▶ _THE PROBLEM_: Return every entry exactly as written.

▶ _GIVEN INFORMATION_:
——————————

-- ===== src/SystemAlerts/Client.antt =====
-- system_alerts/client.py: the mirror of the server's table, and the requests that a client sends.
use animacharacter_dev_src.Prelude.{
  Bool, ℤ, negsuc, int_key, String, Float, Option, none, some, List, [], ◌∷◌, ◌++◌, Result, ok,
  raised, Exc, value_error, ◌>>=◌, equal, if◌then◌else◌, false,
}
use animacharacter_dev_src.Prelude.Dict.{Dict, put, remove}
use animacharacter_dev_src.SystemAlerts.Alert.{
  Alert, AlertActionType, raise, clear, level_info, level_fatal,
}
use animacharacter_dev_src.SystemAlerts.Transport.{
  AlertAction, build_message, decode_action_message,
}

pub record Client (F : Type 0) : Type 0 where
  pub active_alerts : Dict ℤ (Alert F)
  pub has_callback : Bool
  pub called_back : List (AlertActionType × Alert F)
  pub sent : List (AlertAction F)

module _ {F : Type 0} where
  abbrev pub empty_client : Client F
  empty_client = record { active_alerts = []; has_callback = false; called_back = []; sent = [] }

  -- `_handle_change` after decoding
  unfoldable pub mirror_change : AlertActionType → Alert F → Dict ℤ (Alert F) → Dict ℤ (Alert F)
  mirror_change raise alert d = put d alert.code alert
  mirror_change clear alert d = remove d alert.code

  unfoldable pub absorb : AlertActionType → Alert F → Client F → Client F
  absorb action alert c =
      let c1 = record c { active_alerts = mirror_change action alert c.active_alerts } in
      if c1.has_callback
      then record c1 { called_back = c1.called_back ++ (action, alert) ∷ [] }
      else c1

  unfoldable pub handle_change : AlertAction F → Client F → Result Exc (Client F)
  handle_change message c = do
    change ← decode_action_message message
    ok (absorb change.0 change.1 c)

  unfoldable pub publish_action : AlertActionType → Alert F → Client F → Client F
  publish_action action alert c = record c { sent = c.sent ++ build_message action alert ∷ [] }

module _ {F : Type 0} ⦃o : Float F⦄ where
  unfoldable pub default_ttl : Option F → ℤ → Result Exc F
  default_ttl none level =
      if equal level level_info
      then ok o.zero_f
      else if equal level level_fatal
      then ok o.inf
      else raised value_error
  default_ttl (some ttl) level = ok ttl

  unfoldable pub raise_alert :
      ℤ → String → ℤ → Option F → ℤ → String → String → Client F → Result Exc (Client F)
  unfolding publish_action
  raise_alert level src code ttl subcode brief description c = do
    t ← default_ttl ttl level
    ok (
        publish_action raise
          (record {
            level = level;
            src = src;
            code = code;
            ttl = t;
            subcode = subcode;
            brief = brief;
            description = description;
          })
          c)

  unfoldable pub clear_alert : ℤ → Client F → Client F
  unfolding publish_action
  clear_alert code c =
      publish_action clear
        (record {
          level = level_info;
          src = "";
          code = code;
          ttl = o.inf;
          subcode = negsuc 0;
          brief = "";
          description = "";
        })
        c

——————————

▶ _EXERCISE ANSWER_:
-- ===== src/SystemAlerts/Client.antt =====
-- system_alerts/client.py: the mirror of the server's table, and the requests that a client sends.
use animacharacter_dev_src.Prelude.{
  Bool, ℤ, negsuc, int_key, String, Float, Option, none, some, List, [], ◌∷◌, ◌++◌, Result, ok,
  raised, Exc, value_error, ◌>>=◌, equal, if◌then◌else◌, false,
}
use animacharacter_dev_src.Prelude.Dict.{Dict, put, remove}
use animacharacter_dev_src.SystemAlerts.Alert.{
  Alert, AlertActionType, raise, clear, level_info, level_fatal,
}
use animacharacter_dev_src.SystemAlerts.Transport.{
  AlertAction, build_message, decode_action_message,
}

pub record Client (F : Type 0) : Type 0 where
  pub active_alerts : Dict ℤ (Alert F)
  pub has_callback : Bool
  pub called_back : List (AlertActionType × Alert F)
  pub sent : List (AlertAction F)

module _ {F : Type 0} where
  abbrev pub empty_client : Client F
  empty_client = record { active_alerts = []; has_callback = false; called_back = []; sent = [] }

  -- `_handle_change` after decoding
  unfoldable pub mirror_change : AlertActionType → Alert F → Dict ℤ (Alert F) → Dict ℤ (Alert F)
  mirror_change raise alert d = put d alert.code alert
  mirror_change clear alert d = remove d alert.code

  unfoldable pub absorb : AlertActionType → Alert F → Client F → Client F
  absorb action alert c =
      let c1 = record c { active_alerts = mirror_change action alert c.active_alerts } in
      if c1.has_callback
      then record c1 { called_back = c1.called_back ++ (action, alert) ∷ [] }
      else c1

  unfoldable pub handle_change : AlertAction F → Client F → Result Exc (Client F)
  handle_change message c = do
    change ← decode_action_message message
    ok (absorb change.0 change.1 c)

  unfoldable pub publish_action : AlertActionType → Alert F → Client F → Client F
  publish_action action alert c = record c { sent = c.sent ++ build_message action alert ∷ [] }

module _ {F : Type 0} ⦃o : Float F⦄ where
  unfoldable pub default_ttl : Option F → ℤ → Result Exc F
  default_ttl none level =
      if equal level level_info
      then ok o.zero_f
      else if equal level level_fatal
      then ok o.inf
      else raised value_error
  default_ttl (some ttl) level = ok ttl

  unfoldable pub raise_alert :
      ℤ → String → ℤ → Option F → ℤ → String → String → Client F → Result Exc (Client F)
  unfolding publish_action
  raise_alert level src code ttl subcode brief description c = do
    t ← default_ttl ttl level
    ok (
        publish_action raise
          (record {
            level = level;
            src = src;
            code = code;
            ttl = t;
            subcode = subcode;
            brief = brief;
            description = description;
          })
          c)

  unfoldable pub clear_alert : ℤ → Client F → Client F
  unfolding publish_action
  clear_alert code c =
      publish_action clear
        (record {
          level = level_info;
          src = "";
          code = code;
          ttl = o.inf;
          subcode = negsuc 0;
          brief = "";
          description = "";
        })
        c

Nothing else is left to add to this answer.